**Data excerpts:**
┌──
-- ===== src/Ctl/Response/Laws/Payload.antt =====
-- The bytes of the `oneof` of `Response`, its size and its writer.
use sysadmin.Base.{true, Option, none, some, ◌≡◌, arith}
use sysadmin.Protobuf.{Bytes, length_delimited, Protobuf}
use sysadmin.Protobuf.Laws.{IsLawful}
use sysadmin.Wire.{write_opt}
use sysadmin.Wire.Codec.{Sizes, Writes}
use sysadmin.Wire.Sizes.{opt, nil-Sizes, message_bytes, message-Sizes}
use sysadmin.Wire.Writes.{nil-Writes, message-Writes}
use sysadmin.Ctl.GetResponse.Laws as GetResponseLaws
use sysadmin.Ctl.CommitResponse.Laws as CommitResponseLaws
use sysadmin.Ctl.ResetResponse.Laws as ResetResponseLaws
use sysadmin.Ctl.DumpResponse.Laws as DumpResponseLaws
use sysadmin.Ctl.BlameResponse.Laws as BlameResponseLaws
use sysadmin.Ctl.InFlightResponse.Laws as InFlightResponseLaws
use sysadmin.Ctl.GetResponse
use sysadmin.Ctl.CommitResponse
use sysadmin.Ctl.ResetResponse
use sysadmin.Ctl.DumpResponse
use sysadmin.Ctl.BlameResponse
use sysadmin.Ctl.InFlightResponse
use sysadmin.Ctl.Response.{
  ResponseOneofPayload, get, commit, reset, dump, blame, inflight, payload_size, write_payload,
}

module _ ⦃P : Protobuf⦄ (L : IsLawful P) where
  unfoldable pub payload_bytes : ResponseOneofPayload → Bytes
  payload_bytes (get v) = message_bytes L (GetResponseLaws.codec L).encode 1 v
  payload_bytes (commit v) = message_bytes L (CommitResponseLaws.codec L).encode 2 v
  payload_bytes (reset v) = message_bytes L (ResetResponseLaws.codec L).encode 3 v
  payload_bytes (dump v) = message_bytes L (DumpResponseLaws.codec L).encode 4 v
  payload_bytes (blame v) = message_bytes L (BlameResponseLaws.codec L).encode 5 v
  payload_bytes (inflight v) = message_bytes L (InFlightResponseLaws.codec L).encode 8 v

  unfoldable pub fresh_payload : ResponseOneofPayload → ResponseOneofPayload
  fresh_payload (get v) = get ((GetResponseLaws.codec L).fresh v)
  fresh_payload (commit v) = commit ((CommitResponseLaws.codec L).fresh v)
  fresh_payload (reset v) = reset ((ResetResponseLaws.codec L).fresh v)
  fresh_payload (dump v) = dump ((DumpResponseLaws.codec L).fresh v)
  fresh_payload (blame v) = blame ((BlameResponseLaws.codec L).fresh v)
  fresh_payload (inflight v) = inflight ((InFlightResponseLaws.codec L).fresh v)

  abbrev pub IsValidPayload : ResponseOneofPayload → Type 0
  IsValidPayload (get v) =
      (GetResponseLaws.codec L).IsValid v × (GetResponse.is_initialized v ≡ true)
  IsValidPayload (commit v) =
      (CommitResponseLaws.codec L).IsValid v × (CommitResponse.is_initialized v ≡ true)
  IsValidPayload (reset v) =
      (ResetResponseLaws.codec L).IsValid v × (ResetResponse.is_initialized v ≡ true)
  IsValidPayload (dump v) =
      (DumpResponseLaws.codec L).IsValid v × (DumpResponse.is_initialized v ≡ true)
  IsValidPayload (blame v) =
      (BlameResponseLaws.codec L).IsValid v × (BlameResponse.is_initialized v ≡ true)
  IsValidPayload (inflight v) =
      (InFlightResponseLaws.codec L).IsValid v × (InFlightResponse.is_initialized v ≡ true)

  pub payload-Sizes :
      (o : Option ResponseOneofPayload) → Sizes (payload_size o).0 (opt payload_bytes o)
  unfolding payload_size payload_bytes opt
  payload-Sizes none = nil-Sizes
  payload-Sizes (some (get v)) =
      message-Sizes L (GetResponseLaws.codec L) 1 1
        (L.length-tag 1 length_delimited (omega arith) (omega arith)) v
  payload-Sizes (some (commit v)) =
      message-Sizes L (CommitResponseLaws.codec L) 1 2
        (L.length-tag 2 length_delimited (omega arith) (omega arith)) v
  payload-Sizes (some (reset v)) =
      message-Sizes L (ResetResponseLaws.codec L) 1 3
        (L.length-tag 3 length_delimited (omega arith) (omega arith)) v
  payload-Sizes (some (dump v)) =
      message-Sizes L (DumpResponseLaws.codec L) 1 4
        (L.length-tag 4 length_delimited (omega arith) (omega arith)) v
  payload-Sizes (some (blame v)) =
      message-Sizes L (BlameResponseLaws.codec L) 1 5
        (L.length-tag 5 length_delimited (omega arith) (omega arith)) v
  payload-Sizes (some (inflight v)) =
      message-Sizes L (InFlightResponseLaws.codec L) 1 8
        (L.length-tag 8 length_delimited (omega arith) (omega arith)) v

  pub payload-Writes :
      (o : Option ResponseOneofPayload)
      → Writes (write_opt write_payload (payload_size o).1) (opt payload_bytes o)
  unfolding payload_size payload_bytes opt write_payload write_opt
  payload-Writes none = nil-Writes
  payload-Writes (some (get v)) = message-Writes L (GetResponseLaws.codec L) 1 1 v
  payload-Writes (some (commit v)) = message-Writes L (CommitResponseLaws.codec L) 1 2 v
  payload-Writes (some (reset v)) = message-Writes L (ResetResponseLaws.codec L) 1 3 v
  payload-Writes (some (dump v)) = message-Writes L (DumpResponseLaws.codec L) 1 4 v
  payload-Writes (some (blame v)) = message-Writes L (BlameResponseLaws.codec L) 1 5 v
  payload-Writes (some (inflight v)) = message-Writes L (InFlightResponseLaws.codec L) 1 8 v
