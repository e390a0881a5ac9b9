-- ===== src/Capacity/Provision.antt =====
-- store.go: the fenced changes of a host's state (SetProvisionState, SetProvisionDesiredVersion)
-- and the end of a provision operation (CompleteProvision).
use crane_oss.Base.{
  ℕ, String, Bool, true, false, ◌&&◌, ◌||◌, Option, none, some, ◌==◌, ltb, eqb, if◌then◌else◌,
  Result, ok, err, ◌>>=◌, ◌>>◌, refuse_if, or_fail,
}
use crane_oss.Base.Tables.{any, count, update}
use crane_oss.Api.{
  HostState, requested, provisioning, booting, registering, converging, ready, succeeded, Operation,
  is_provision, is_launching,
}
use crane_oss.Capacity.Db.{Error, invalid, fenced, Db, OperationRow, Host, ProvisioningState}
use crane_oss.Capacity.Leases.{fenced_update, holds}

-- UPDATE host … FROM operations …: the rows that pass, exactly one of them.
unfoldable pub fenced_host_update : (Host → Bool) → (Host → Host) → Db → Result Error Db
fenced_host_update p f db =
    if eqb (count p db.hosts) 1 then ok (record db { hosts = update p f db.hosts }) else err fenced

-- A launching provision operation of the worker, for the host.
abbrev pub provisions : Operation → ℕ → OperationRow → Bool
provisions op now o = is_provision o.kind && is_launching o.state && holds op now o

abbrev pub provisioned_by : Operation → ℕ → Db → Host → Bool
provisioned_by op now db h =
    any (λ (o : OperationRow). provisions op now o && o.host_id == h.id) db.operations

abbrev pub is_registering : HostState → Bool
is_registering registering = true
is_registering _ = false

unfoldable pub set_provision_desired_version :
    Operation → String → (String → ℕ) → ℕ → Db → Result Error Db
set_provision_desired_version op version byte_length now db = do
  refuse_if
      ((if is_provision op.kind then false else true)
        || version == ""
        || ltb 128 (byte_length version))
      invalid
  fenced_host_update (λ h. is_registering h.state && provisioned_by op now db h)
      (λ h. record h { desired_state_version = version }) db

-- The handoffs that SetProvisionState admits, each with the state that it expects.
pub data Handoff : Type 0 where
  to_provisioning to_registering to_converging : Handoff

abbrev pub handoff_from : Handoff → HostState
handoff_from to_provisioning = requested
handoff_from to_registering = booting
handoff_from to_converging = registering

abbrev pub handoff_to : Handoff → HostState
handoff_to to_provisioning = provisioning
handoff_to to_registering = registering
handoff_to to_converging = converging

-- The map `allowed`: any other pair is ErrInvalid.
abbrev pub allowed : HostState → HostState → Option Handoff
allowed requested provisioning = some to_provisioning
allowed booting registering = some to_registering
allowed registering converging = some to_converging
allowed _ _ = none

abbrev pub expects : Handoff → HostState → Bool
expects to_provisioning requested = true
expects to_registering booting = true
expects to_converging registering = true
expects _ _ = false

unfoldable pub set_provision_state : Operation → HostState → HostState → ℕ → Db → Result Error Db
set_provision_state op expected next now db = do
  refuse_if (if is_provision op.kind then false else true) invalid
  handoff ← or_fail (allowed expected next) invalid
  fenced_host_update (λ h. expects handoff h.state && provisioned_by op now db h)
      (λ h. record h { state = handoff_to handoff }) db

abbrev is_ready : HostState → Bool
is_ready ready = true
is_ready _ = false

-- A ready host with a provider identity whose scheduling release was started.
abbrev pub handed_over : Db → OperationRow → Bool
handed_over db o =
    any
      (λ (h : Host).
        h.id == o.host_id
        && is_ready h.state
        && (if h.provider_id == "" then false else true)
        && any
            (λ (b : ProvisioningState).
              b.host_id == h.id && b.operation_id == o.id && b.release_started)
            db.provisioning)
      db.hosts

abbrev pub succeed : ℕ → OperationRow → OperationRow
succeed now o = record o { state = succeeded; lease = none; updated_at = now }

unfoldable pub complete_provision : Operation → ℕ → Db → Result Error Db
complete_provision op now db =
    fenced_update (λ o. provisions op now o && o.host_id == op.host_id && handed_over db o)
      (succeed now) db
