-- ===== src/Capacity/Launch.antt =====
-- store.go: the provider's result (RecordLaunchWithAddress) and the trusted target of a launch
-- (LoadProvisioningTarget).
use Prim.Native.String.{◌++◌}
use crane_oss.Base.{
  ℕ, String, Bool, true, false, ◌&&◌, ◌||◌, none, some, List, [], ◌∷◌, ◌==◌, ltb, eqb,
  if◌then◌else◌, Result, ok, err, ◌>>=◌, ◌>>◌, refuse_if, or_fail,
}
use crane_oss.Base.Tables.{find, any, filter, count, update, sort_by}
use crane_oss.Api.{
  HostState, provisioning, booting, Parameters, template, ProvisioningTemplate, ProvisioningTarget,
  Operation, is_provision,
}
use crane_oss.Capacity.Db.{
  OperationRow, Error, invalid, conflict, inactive, invalid_provider_result, spire_unavailable, Db,
  NodeGroup, ClusterZone, Zone, Cluster, Host, Reservation, ReservationState, reserved, committed,
}
use crane_oss.Capacity.Policy.{approved_ready, member_of}
use crane_oss.Capacity.Leases.{fenced_update}
use crane_oss.Capacity.Provision.{provisions}

-- What package net answers: is the text a private IP address, and JoinHostPort of it and 44001.
pub record Net : Type 0 where
  pub is_private : String → Bool
  pub join_subd_port : String → String

-- nodeProviderIDs is variadic, with one entry at most.
abbrev pub node_provider : List String → Result Error String
node_provider [] = ok ""
node_provider (id ∷ []) = ok id
node_provider (id ∷ _ ∷ _) = err invalid

abbrev pub subd_endpoint : Net → String → Result Error String
subd_endpoint net ip =
    if ip == ""
    then ok ""
    else if net.is_private ip
    then ok ("https://" ++ net.join_subd_port ip)
    else err invalid

abbrev pub or_keep : String → String → String
or_keep new old = if new == "" then old else new

abbrev pub launched_state : HostState → HostState
launched_state provisioning = booting
launched_state booting = booting
launched_state s = s

-- The host is in a known zone, and what it records of its provider does not contradict the result.
abbrev pub accepts_launch : Operation → String → String → Db → Host → Bool
accepts_launch op provider_id node_id db h =
    h.id == op.host_id
    && any (λ (z : Zone). z.id == h.crane_zone) db.zones
    && (h.provider_id == "" || h.provider_id == provider_id)
    && (h.kubernetes_provider_id == "" || node_id == "" || h.kubernetes_provider_id == node_id)

abbrev zone_provider : Db → Host → String
zone_provider db h = elim (find (λ (z : Zone). z.id == h.crane_zone) db.zones) [
  | none ↦ h.provider
  | some z ↦ z.provider
]

abbrev pub launch_row : String → String → String → Db → Host → Host
launch_row provider_id node_id endpoint db h = record h {
  provider_id =
      if h.provider_id == "" || h.provider_id == provider_id then provider_id else h.provider_id;
  kubernetes_provider_id = or_keep node_id h.kubernetes_provider_id;
  endpoint = or_keep endpoint h.endpoint;
  subd_endpoint = or_keep endpoint h.subd_endpoint;
  provider = zone_provider db h;
  state = launched_state h.state;
}

abbrev pub commit_reservation : Reservation → Reservation
commit_reservation r = record r { state = commit r.state }
  where
    commit : ReservationState → ReservationState
    commit reserved = committed
    commit s = s

abbrev pub launches : Operation → ℕ → OperationRow → Bool
launches op now o = provisions op now o && o.host_id == op.host_id

unfoldable pub record_launch :
    Net → Operation → String → String → List String → ℕ → Db → Result Error Db
record_launch net op provider_id private_ip node_ids now db = do
  refuse_if ((if is_provision op.kind then false else true) || provider_id == "")
      invalid_provider_result
  node_id ← node_provider node_ids
  touched ← fenced_update (launches op now) (λ o. record o { updated_at = now }) db
  endpoint ← subd_endpoint net private_ip
  refuse_if
      (if eqb (count (accepts_launch op provider_id node_id db) db.hosts) 1 then false else true)
      conflict
  ok (record touched {
    hosts =
        update (accepts_launch op provider_id node_id db)
          (launch_row provider_id node_id endpoint db) db.hosts;
    reservations =
        update (λ (r : Reservation). r.host_id == op.host_id) commit_reservation db.reservations;
  })

-- The instance of the zone's oldest protected SPIRE host, or the empty text.
abbrev spire_instance : Zone → Db → String
spire_instance z db =
    elim (sort_by (λ (a b : Host). if ltb b.created_at a.created_at then false else true)
      (filter
        (λ (h : Host). h.protected && h.crane_zone == "" && h.zone == z.id && h.role == "spire")
        db.hosts)) [ [] ↦ "" | h ∷ _ ↦ h.provider_id ]

abbrev launch_template : Parameters → (String → Bool) → Result Error ProvisioningTemplate
launch_template (template t) json_valid =
    if json_valid t.launch_parameters
      && (if t.template_revision == "" || t.capacity_class == "" then false else true)
    then ok t
    else err invalid
launch_template _ json_valid = err invalid

-- Any missing or inactive part of the joined topology is "no rows", which is ErrInactive.
unfoldable pub load_provisioning_target :
    (String → Bool) → Operation → Db → Result Error (ProvisioningTemplate × ProvisioningTarget)
load_provisioning_target json_valid op db = do
  refuse_if
      ((if is_provision op.kind then false else true) || op.host_id == "" || op.node_group_id == "")
      invalid
  t ← launch_template op.parameters json_valid
  g ←
      or_fail
        (find (λ (g : NodeGroup). g.id == op.node_group_id && g.zone_id == op.zone_id) db.groups)
        inactive
  z ←
      or_fail (find (λ (z : Zone). z.id == g.zone_id && z.lifecycle_ready && z.enabled) db.zones)
        inactive
  c ←
      or_fail (find (λ (c : Cluster). c.id == g.cluster_id && c.lifecycle_ready) db.clusters)
        inactive
  m ←
      or_fail (find (λ (m : ClusterZone). member_of g m && approved_ready m) db.memberships)
        inactive
  let spire = spire_instance z db
  refuse_if (spire == "") spire_unavailable
  let s = t.scheduling
  refuse_if
      ((if s.zone == "" then false else true)
        && (if s.region == z.kubernetes_region && s.zone == z.kubernetes_zone then false else true))
      invalid
  ok (
    t,
    record {
      cluster_id = g.cluster_id;
      node_pool_id = g.node_pool_id;
      provider = z.provider;
      account_id = z.account_id;
      region = z.region;
      provider_zone_id = z.provider_zone_id;
      kubernetes_region = z.kubernetes_region;
      kubernetes_zone = z.kubernetes_zone;
      api_server_endpoint = c.api_server_endpoint;
      ca_cert_hash = c.ca_cert_hash;
      spire_instance_id = spire;
    },
  )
└──
**Task instructions:** Transcribe the lines above between the line holding "z ↦ z.provider" and the line holding "launch_template (template t)", inclusive, exactly as they stand and with nothing added.

**Exercise result:**
  | some z ↦ z.provider
]

abbrev pub launch_row : String → String → String → Db → Host → Host
launch_row provider_id node_id endpoint db h = record h {
  provider_id =
      if h.provider_id == "" || h.provider_id == provider_id then provider_id else h.provider_id;
  kubernetes_provider_id = or_keep node_id h.kubernetes_provider_id;
  endpoint = or_keep endpoint h.endpoint;
  subd_endpoint = or_keep endpoint h.subd_endpoint;
  provider = zone_provider db h;
  state = launched_state h.state;
}

abbrev pub commit_reservation : Reservation → Reservation
commit_reservation r = record r { state = commit r.state }
  where
    commit : ReservationState → ReservationState
    commit reserved = committed
    commit s = s

abbrev pub launches : Operation → ℕ → OperationRow → Bool
launches op now o = provisions op now o && o.host_id == op.host_id

unfoldable pub record_launch :
    Net → Operation → String → String → List String → ℕ → Db → Result Error Db
record_launch net op provider_id private_ip node_ids now db = do
  refuse_if ((if is_provision op.kind then false else true) || provider_id == "")
      invalid_provider_result
  node_id ← node_provider node_ids
  touched ← fenced_update (launches op now) (λ o. record o { updated_at = now }) db
  endpoint ← subd_endpoint net private_ip
  refuse_if
      (if eqb (count (accepts_launch op provider_id node_id db) db.hosts) 1 then false else true)
      conflict
  ok (record touched {
    hosts =
        update (accepts_launch op provider_id node_id db)
          (launch_row provider_id node_id endpoint db) db.hosts;
    reservations =
        update (λ (r : Reservation). r.host_id == op.host_id) commit_reservation db.reservations;
  })

-- The instance of the zone's oldest protected SPIRE host, or the empty text.
abbrev spire_instance : Zone → Db → String
spire_instance z db =
    elim (sort_by (λ (a b : Host). if ltb b.created_at a.created_at then false else true)
      (filter
        (λ (h : Host). h.protected && h.crane_zone == "" && h.zone == z.id && h.role == "spire")
        db.hosts)) [ [] ↦ "" | h ∷ _ ↦ h.provider_id ]

abbrev launch_template : Parameters → (String → Bool) → Result Error ProvisioningTemplate
launch_template (template t) json_valid =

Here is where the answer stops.